Research by Lin’kova et al. suggested that Cartalax peptide may alter the expression of TNKS2 — the gene encoding tankyrase 2 — in replicative cellular aging models. Tankyrase 2 is believed to be involved in telomere stability through regulation of telomeric repeat-binding factors, as well as in metabolic control, mitotic processes, and Wnt signaling pathways. By potentially modulating TNKS2, Cartalax peptide might theoretically influence telomere maintenance or metabolic pathways in aging cell cultures — though researchers have been careful to frame these observations as preliminary and in need of substantial further investigation before any meaningful conclusions can be drawn.
Cartalax Peptide and Cellular Stress Resistance
The final area of Cartalax peptide laboratory research explored in this overview involves its potential influence on gene expression patterns associated with cellular stress responses in aging cell culture models. Research by Ashapkin et al. noted that Cartalax peptide may increase IGF-1 gene expression levels in various aging cell culture models — with the researchers reporting an approximately 3.5 to 5.6-fold enhancement upon peptide addition across different culture systems. IGF-1 is frequently viewed as a mediator of growth-associated processes, and its potential elevation in senescent cells might reflect an adaptive cellular response during stressful conditions in laboratory settings — though researchers noted that the precise significance of this observation remains to be clarified.
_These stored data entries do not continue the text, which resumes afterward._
-- ===== src/Cron/Ranges.antt =====
-- The values that randcron.go puts into a field.
use allino.Base.{
  ℕ, ◌+◌, ◌-◌, ◌==◌, ◌≤◌, ◌<◌, ◌≡◌, refl, sym, subst, true, false, List, [], ◌∷◌, Option, none,
  some, if◌then◌else◌, ltb, ltb→lt, Bool-cases, Option-cases, inl, inr, ◌⊎◌, arith,
}
use native.Mathlib.Nat.{mod-lt}
use allino.Base.Bytes.{Bytes, bytes_eq, eq_of_bytes_eq}
use allino.Base.Split.{split, cons_first}
use allino.Base.Int.{pos}
use allino.JobIds.{number, atoi}
use allino.Cron.{
  question, dash, itoa, random_in_range, has_question, trim_question, expand_between, expand_range,
  expand_field,
}
use allino.Cron.Decimal.{number-itoa}

-- A decimal number in a range.
abbrev pub Between : ℕ → ℕ → Bytes → Type 0
Between lo hi out = (n : ℕ) × (number out ≡ some n) × (lo ≤ n) × (n ≤ hi)

-- The ends of a range that have numbers in the wrong order, or none: no other range is refused.
abbrev pub IsNoRange : List Bytes → Type 0
IsNoRange [] = Unit
IsNoRange (a ∷ []) = Unit
IsNoRange (a ∷ b ∷ []) =
    (atoi a ≡ none)
    ⊎ (atoi b ≡ none)
    ⊎ ((start : ℕ) × (end : ℕ) × (atoi a ≡ some (pos start))
        × (atoi b ≡ some (pos end))
        × (end < start))
IsNoRange (a ∷ b ∷ c ∷ parts) = Unit

-- How a field is filled: it has no question mark and stays, it is one and takes a value of the full
-- range, or it is a range with one and takes a value of that. A field with a question mark is refused
-- where it is no question mark alone and is not a range that ends in one.
abbrev pub Fills : ℕ → ℕ → Bytes → Option Bytes → Type 0
Fills min max field none =
    (has_question field ≡ true)
    × (bytes_eq field (question ∷ []) ≡ false)
    × ((trim_question field ≡ none)
        ⊎ ((base : Bytes) × (trim_question field ≡ some base) × IsNoRange (split dash base)))
Fills min max field (some out) =
    ((has_question field ≡ false) × (out ≡ field))
    ⊎ ((field ≡ question ∷ []) × Between min max out)
    ⊎ ((base : Bytes) × (trim_question field ≡ some base)
        × ((a : Bytes) × (b : Bytes) × (start : ℕ) × (end : ℕ) × (split dash base ≡ a ∷ b ∷ [])
            × (atoi a ≡ some (pos start))
            × (atoi b ≡ some (pos end))
            × Between start end out))

-- A text that does not begin with a dash.
abbrev IsUndashed : Bytes → Type 0
IsUndashed [] = Unit
IsUndashed (c ∷ s) = (c == dash) ≡ false

abbrev AreUndashed : List Bytes → Type 0
AreUndashed [] = Unit
AreUndashed (p ∷ ps) = IsUndashed p × AreUndashed ps

cons_first-AreUndashed :
    (c : ℕ) (ps : List Bytes) → (c == dash) ≡ false → AreUndashed ps → AreUndashed (cons_first c ps)
cons_first-AreUndashed c [] h k = (h, tt)
cons_first-AreUndashed c (p ∷ ps) h (k, ks) = (h, ks)

split-AreUndashed : (s : Bytes) → AreUndashed (split dash s)
split-AreUndashed [] = (tt, tt)
split-AreUndashed (c ∷ s) = elim (Bool-cases (c == dash)) [
  | inl e ↦ rw e (tt, split-AreUndashed s)
  | inr e ↦ rw e (cons_first-AreUndashed c (split dash s) e (split-AreUndashed s))
]

-- Atoi reads no negative number from such a text.
atoi-undashed : (s : Bytes) → IsUndashed s → (atoi s ≡ none) ⊎ ((n : ℕ) × (atoi s ≡ some (pos n)))
unfolding atoi
atoi-undashed [] h = inl refl
atoi-undashed (c ∷ s) h = elim (Option-cases (number (if c == 43 then s else c ∷ s))) [
  | inl e ↦ inl (ground arith)
  | inr (n, e) ↦ elim (Bool-cases (ltb 9_223_372_036_854_775_807 n)) [
    | inl big ↦ inl (ground arith)
    | inr small ↦ inr (n, ground arith)
  ]
]

module _ (hash : Bytes → ℕ → ℕ) (seed : Bytes) (at : ℕ) where
  random-Between : (lo hi : ℕ) → lo ≤ hi → Between lo hi (itoa (random_in_range hash seed at lo hi))
  unfolding random_in_range
  random-Between lo hi h = (
    random_in_range hash seed at lo hi,
    number-itoa (random_in_range hash seed at lo hi),
    omega arith,
    omega (arith, h, mod-lt (hash seed at) {m = hi - lo + 1} (omega arith)),
  )

  abbrev Ranged : List Bytes → Option Bytes → Type 0
  Ranged parts none = IsNoRange parts
  Ranged parts (some out) =
      (a : Bytes) × (b : Bytes) × (start : ℕ) × (end : ℕ) × (parts ≡ a ∷ b ∷ [])
      × (atoi a ≡ some (pos start))
      × (atoi b ≡ some (pos end))
      × Between start end out

  ends-Ranged :
      (a b : Bytes) (start end : ℕ)
      → atoi a ≡ some (pos start)
      → atoi b ≡ some (pos end)
      → Ranged (a ∷ b ∷ []) (expand_between hash seed at (some (pos start)) (some (pos end)))
  unfolding expand_between
  ends-Ranged a b start end p q = elim (Bool-cases (ltb end start)) [
    | inl e ↦ rw e (inr (inr (start, end, p, q, ltb→lt end start e)))
    | inr e ↦ rw e (a, b, start, end, refl, p, q, random-Between start end (ordered e))
  ]
    where
      ordered : ltb end start ≡ false → start ≤ end
      ordered e = ground arith

  between-Ranged :
      (a b : Bytes)
      → IsUndashed a
      → IsUndashed b
      → Ranged (a ∷ b ∷ []) (expand_between hash seed at (atoi a) (atoi b))
  unfolding expand_between
  between-Ranged a b h k = elim (atoi-undashed a h) [
    | inl p ↦ rw p (inl p)
    | inr (start, p) ↦ elim (atoi-undashed b k) [
      | inl q ↦ rw (p, q) (inr (inl q))
      | inr (end, q) ↦
          subst (λ x. Ranged (a ∷ b ∷ []) (expand_between hash seed at x (atoi b))) (sym p)
            (subst (λ y. Ranged (a ∷ b ∷ []) (expand_between hash seed at (some (pos start)) y))
              (sym q) (ends-Ranged a b start end p q))
    ]
  ]

  range-Ranged :
      (parts : List Bytes) → AreUndashed parts → Ranged parts (expand_range hash seed at parts)
  unfolding expand_range
  range-Ranged [] h = tt
  range-Ranged (a ∷ []) h = tt
  range-Ranged (a ∷ b ∷ []) (h, (k, l)) = between-Ranged a b h k
  range-Ranged (a ∷ b ∷ c ∷ parts) h = tt

  filled :
      (min max : ℕ) (field base : Bytes) (out : Option Bytes)
      → has_question field ≡ true
      → bytes_eq field (question ∷ []) ≡ false
      → trim_question field ≡ some base
      → Ranged (split dash base) out
      → Fills min max field out
  filled min max field base none q l t r = (q, l, inr (base, t, r))
  filled min max field base (some out) q l t r = inr (inr (base, t, r))

  -- A cron field without a question mark stays as it is; a lone question mark becomes a decimal
  -- number of the full range of the field, which is not empty; a range that ends in a question
  -- mark, both of whose ends Atoi reads as numbers that are not negative, becomes a decimal
  -- number of that range, where they are in order; every other field with a question mark is
  -- refused, and no field else.
  pub expand_field-Fills :
      (min max : ℕ) (field : Bytes)
      → min ≤ max
      → Fills min max field (expand_field hash seed at min max field)
  unfolding expand_field
  expand_field-Fills min max field h = elim (Bool-cases (has_question field)) [
    | inr q ↦ rw q (inl (q, refl))
    | inl q ↦ rw q (elim (Bool-cases (bytes_eq field (question ∷ []))) [
      | inl e ↦ rw e (inr (inl (eq_of_bytes_eq field (question ∷ []) e, random-Between min max h)))
      | inr e ↦ rw e (elim (Option-cases (trim_question field)) [
        | inl t ↦ rw t (q, e, inl t)
        | inr (base, t) ↦ rw t (
            filled min max field base (expand_range hash seed at (split dash base)) q e t
              (range-Ranged (split dash base) (split-AreUndashed base)))
      ])
    ])
  ]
The same research group also observed that Cartalax peptide appeared to reduce the expression of TERT — the key enzymatic subunit involved in telomere length maintenance — in laboratory models. Researchers proposed that if older cells elevate TERT as a stress response, a decrease in TERT under Cartalax peptide exposure might suggest a possible transition toward a more stable gene expression pattern — though this interpretation remains speculative and requires further study.
Finally, multiple investigators have noted that Cartalax peptide may elevate NFκB transcript levels in laboratory models — a transcription factor commonly considered a pivotal regulator of inflammation and stress responses. The precise consequences of this potential NFκB upregulation remain uncertain, with researchers proposing that it may represent only one aspect of a broader cellular network encompassing senescence, inflammatory pathways, and metabolic adaptation in aging laboratory models. As with many of the findings discussed throughout this article, the NFκB observation underscores the complex and multi-layered nature of Cartalax peptide’s proposed interactions — and the considerable research still needed to understand them fully.
References
- Khavinson VKh, et al. Peptides regulate the expression of signaling molecules in kidney cell cultures during in vitro aging. Bull Exp Biol Med. 2014;157(2):261–4.
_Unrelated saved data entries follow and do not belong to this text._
-- ===== src/Cron/Tests.antt =====
-- Runs of random cron expressions, and an instance of their theorem.
use allino.Base.{ℕ, ◌+◌, ◌≡◌, refl, arith, some}
use allino.Base.Bytes.{Bytes, codes}
use allino.JobIds.{atoi, number, digits}
use allino.Cron.{
  expand_field, expand_fields, expand, fields_from, has_question, trim_question, expand_range,
  expand_between, random_in_range, itoa, digits_of,
}
use allino.Cron.Ranges.{Fills, expand_field-Fills}

abbrev hash : Bytes → ℕ → ℕ
hash seed at = 137 + at

expand_field-Fills_example :
    Fills 0 59 (codes "10-20?") (expand_field hash (codes "s") 0 0 59 (codes "10-20?"))
expand_field-Fills_example =
    expand_field-Fills hash (codes "s") 0 0 59 (codes "10-20?") (omega arith)

expanded : expand hash (codes "10-20?  ? * 1 *") (codes "s") ≡ some (codes "15 18 * 1 *")
unfolding expand expand_fields expand_field fields_from has_question trim_question expand_range
    expand_between random_in_range itoa digits_of atoi number digits
expanded = refl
- Lin’kova NS, et al. Peptide Regulation of Skin Fibroblast Functions during Their Aging In Vitro. Bull Exp Biol Med. 2016;161(1):175–8.
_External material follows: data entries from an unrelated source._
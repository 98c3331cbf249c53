-- ===== src/Streams.antt =====
-- typedhandler_job_redis.go: functions whose calls go over Redis streams. What Redis answers is an
-- argument; `XTRIM` of old messages, errors of the connection and the progress of a replay are left
-- out. A message is handled where the worker pool takes it, which is where it is received here.
pub mod Replay
pub mod Listener
mod Tests
use allino.Base.{
  ℕ, zero, suc, Bool, true, false, ◌||◌, not, List, [], ◌∷◌, ◌++◌, Option, none, some,
  if◌then◌else◌,
}
use allino.Base.Bytes.{Bytes, bytes_eq, codes}
use allino.JobIds.{handler_version, has_major_or_minor_version_diff}
use allino.Calls.Worker.{JobInput, panics, job_input}

-- `redis.XMessage` with the values that the code reads; `none` is no string.
pub record Message : Type 0 where
  pub id : Bytes
  pub input : Option Bytes
  pub version : Option Bytes

pub data Mode : Type 0 where
  fanout replay replay_all : Mode

-- `RedisStreamType`: where the stream stands is in `inited` and `last_id`.
pub record StreamType : Type 0 where
  pub stream : Bytes
  pub ttl : ℕ
  pub mode : Mode
  pub start : Bytes
  pub inited : Bool
  pub last_id : Bytes

abbrev pub is_empty : Bytes → Bool
is_empty [] = true
is_empty (_ ∷ _) = false

unfoldable pub stream_mode : Bytes → Option Mode
stream_mode mode =
    if bytes_eq mode (codes "fanout")
    then some fanout
    else if bytes_eq mode (codes "replay")
    then some replay
    else if bytes_eq mode (codes "replayall")
    then some replay_all
    else none

-- `IsTarget`.
unfoldable pub is_target : Bytes → Bool
unfolding stream_mode
is_target mode = elim (stream_mode mode) [ none ↦ false | some _ ↦ true ]

abbrev pub first_start : Mode → Bytes
first_start fanout = codes "$"
first_start replay = codes "0"
first_start replay_all = codes "0"

-- The stream that `callRedisInit` adds: `on_init` is what `OnStreamInit` answers, where it is set.
unfoldable pub call_redis_init : Bytes → Bytes → Bytes → ℕ → Option Bytes → Option StreamType
unfolding stream_mode
call_redis_init prefix name mode ttl on_init = elim (stream_mode mode) [
  | none ↦ none
  | some m ↦
      let start : Bytes = elim on_init [ none ↦ first_start m | some s ↦ s ] in
      some (record {
        stream = prefix ++ name;
        ttl = ttl;
        mode = m;
        start = if is_empty start then codes "$" else start;
        inited = false;
        last_id = [];
      })
]

-- `streamTypes` by the name of the stream.
unfoldable pub add_stream : StreamType → List StreamType → List StreamType
add_stream st [] = st ∷ []
add_stream st (s ∷ ss) = if bytes_eq s.stream st.stream then st ∷ ss else s ∷ add_stream st ss

-- What a stream is found to be: `none` is no stream, else its last generated id.
abbrev pub inspect : Option Bytes → StreamType → StreamType
inspect none st = record st { last_id = codes "0" }
inspect (some id) st = record st { inited = true; last_id = id }

-- The messages of a page up to the last one of the replay, with the id of the last one received and
-- whether it was that.
unfoldable pub receive : Bytes → Bytes → List Message → List Message × Bytes × Bool
receive last current [] = ([], current, false)
receive last current (m ∷ ms) =
    let rest = receive last m.id ms in
    if bytes_eq m.id last then (m ∷ [], m.id, true) else (m ∷ rest.0, rest.1, rest.2)

abbrev pub prepend : List Message → Option (List Message) → Option (List Message)
prepend got none = none
prepend got (some more) = some (got ++ more)

-- The loop of `replayUntilLastID`, by the fuel; `x_read` is the `XREAD` of a round, `none` where it
-- has nothing.
unfoldable pub replay_loop :
    (ℕ → Bytes → Option (List Message)) → ℕ → Bytes → Bytes → Option (List Message)
replay_loop x_read zero last current = none
replay_loop x_read (suc fuel) last current = elim (x_read fuel current) [
  | none ↦ some []
  | some [] ↦ some []
  | some (m ∷ ms) ↦
      let (got, current', done) = receive last current (m ∷ ms) in
      let more = replay_loop x_read fuel last current' in
      if done then some got else prepend got more
]

unfoldable pub replay_until_last_id :
    (ℕ → Bytes → Option (List Message)) → ℕ → Bytes → Bytes → Option (List Message)
replay_until_last_id x_read fuel start last =
    if bytes_eq last (codes "0") || is_empty last
    then some []
    else if bytes_eq start (codes "$") || is_empty start
    then some []
    else replay_loop x_read fuel last start

-- Where the consumer group of a stream stands: untouched, as it was where there is one (`none`), or
-- made anew at an id.
pub record Listening : Type 0 where
  pub replayed : List Message
  pub group : Option Bytes

-- `XGroupCreateMkStream` leaves a group that is there.
abbrev pub create_group : Bool → Bytes → Option Bytes
create_group exists id = if exists then none else some id

-- `StartListen` for one stream: `found` is whether this consumer is in the group, `exists` whether
-- there is a group.
unfoldable pub start_stream :
    (ℕ → Bytes → Option (List Message)) → ℕ → Bool → Bool → StreamType → Option Listening
start_stream x_read fuel found exists st =
    if not st.inited
    then some (record { replayed = []; group = create_group exists st.start })
    else elim st.mode [
      | fanout ↦
          some
            (record { replayed = []; group = if found then none else create_group exists st.start })
      | replay ↦
          if found
          then some (record { replayed = []; group = none })
          else elim (replay_until_last_id x_read fuel st.start st.last_id) [
            | none ↦ none
            | some ms ↦ some (record { replayed = ms; group = create_group exists st.start })
          ]
      | replay_all ↦ elim (replay_until_last_id x_read fuel st.start st.last_id) [
        | none ↦ none
        | some ms ↦ some (record { replayed = ms; group = some st.last_id })
      ]
    ]

-- The values that `call_stream` adds to the stream; `injson` is the JSON of the input, `none` its
-- error.
unfoldable pub call_stream : Bytes → Bytes → Option Bytes → Option Message
call_stream version id injson = elim injson [
  | none ↦ none
  | some json ↦
      some (record { id = id; input = some json; version = some (handler_version version) })
]

-- What the listener does with a message: it refuses it, or invokes the function.
pub data Heard (T : Type 0) : Type 0 where
  stream_input_decode_failed : Heard T
  invoked : JobInput T → Heard T

-- `marshals` is whether the upgrade of an input can be marshalled.
module _ {T : Type 0} (zero_input : T) (decode : Bytes → Option T)
    (marshals : Bytes → Bytes → Bool) where
  -- The input after the listener's own upgrade: it is replaced only where that cannot be marshalled,
  -- by what the failed call gives.
  unfoldable pub remarshalled : Bytes → Bytes → Bool → Bytes
  remarshalled sent injson updated =
      if updated then (if marshals sent injson then injson else []) else injson

  -- `rst.listener`.
  unfoldable pub stream_listener :
      Bytes → Option (Bytes → Bytes → Bool × Option T) → Message → Heard T
  unfolding remarshalled
  stream_listener version on_input_upgrade msg = elim msg.input [
    | none ↦ stream_input_decode_failed
    | some injson ↦ elim msg.version [
      | none ↦ stream_input_decode_failed
      | some sent ↦
          if has_major_or_minor_version_diff sent (handler_version version)
          then elim on_input_upgrade [
            | none ↦ invoked panics
            | some on_upgrade ↦ invoked (
                job_input zero_input decode version (some on_upgrade) sent
                  (remarshalled sent injson (on_upgrade sent injson).0))
          ]
          else invoked (job_input zero_input decode version on_input_upgrade sent injson)
    ]
  ]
- Chalisova NI, et al. Peptide Regulation of Cells Renewal Processes in Kidney Tissue Cultures from Young and Old Animals. Bull Exp Biol Med. 2015;159(1):124–7.
- Khavinson VKh, et al. Tripeptides slow down the aging process in renal cell culture. Adv Gerontol. 2014;27(4):651–6.
- Linkova N, et al. Peptide Regulation of Chondrogenic Stem Cell Differentiation. Int J Mol Sci. 2023;24(9):8415.
- Ashapkin V, et al. Gene expression in human mesenchymal stem cell aging cultures: modulation by short peptides. Mol Biol Rep. 2020;47(6):4323–4329.
Disclaimer: The information provided is intended solely for educational and scientific discussion. The compounds described are strictly intended for laboratory research and in-vitro studies only. They are not approved for human or animal consumption, medical use, or diagnostic purposes. Handling is prohibited unless performed by licensed researchers and qualified professionals in controlled laboratory environments.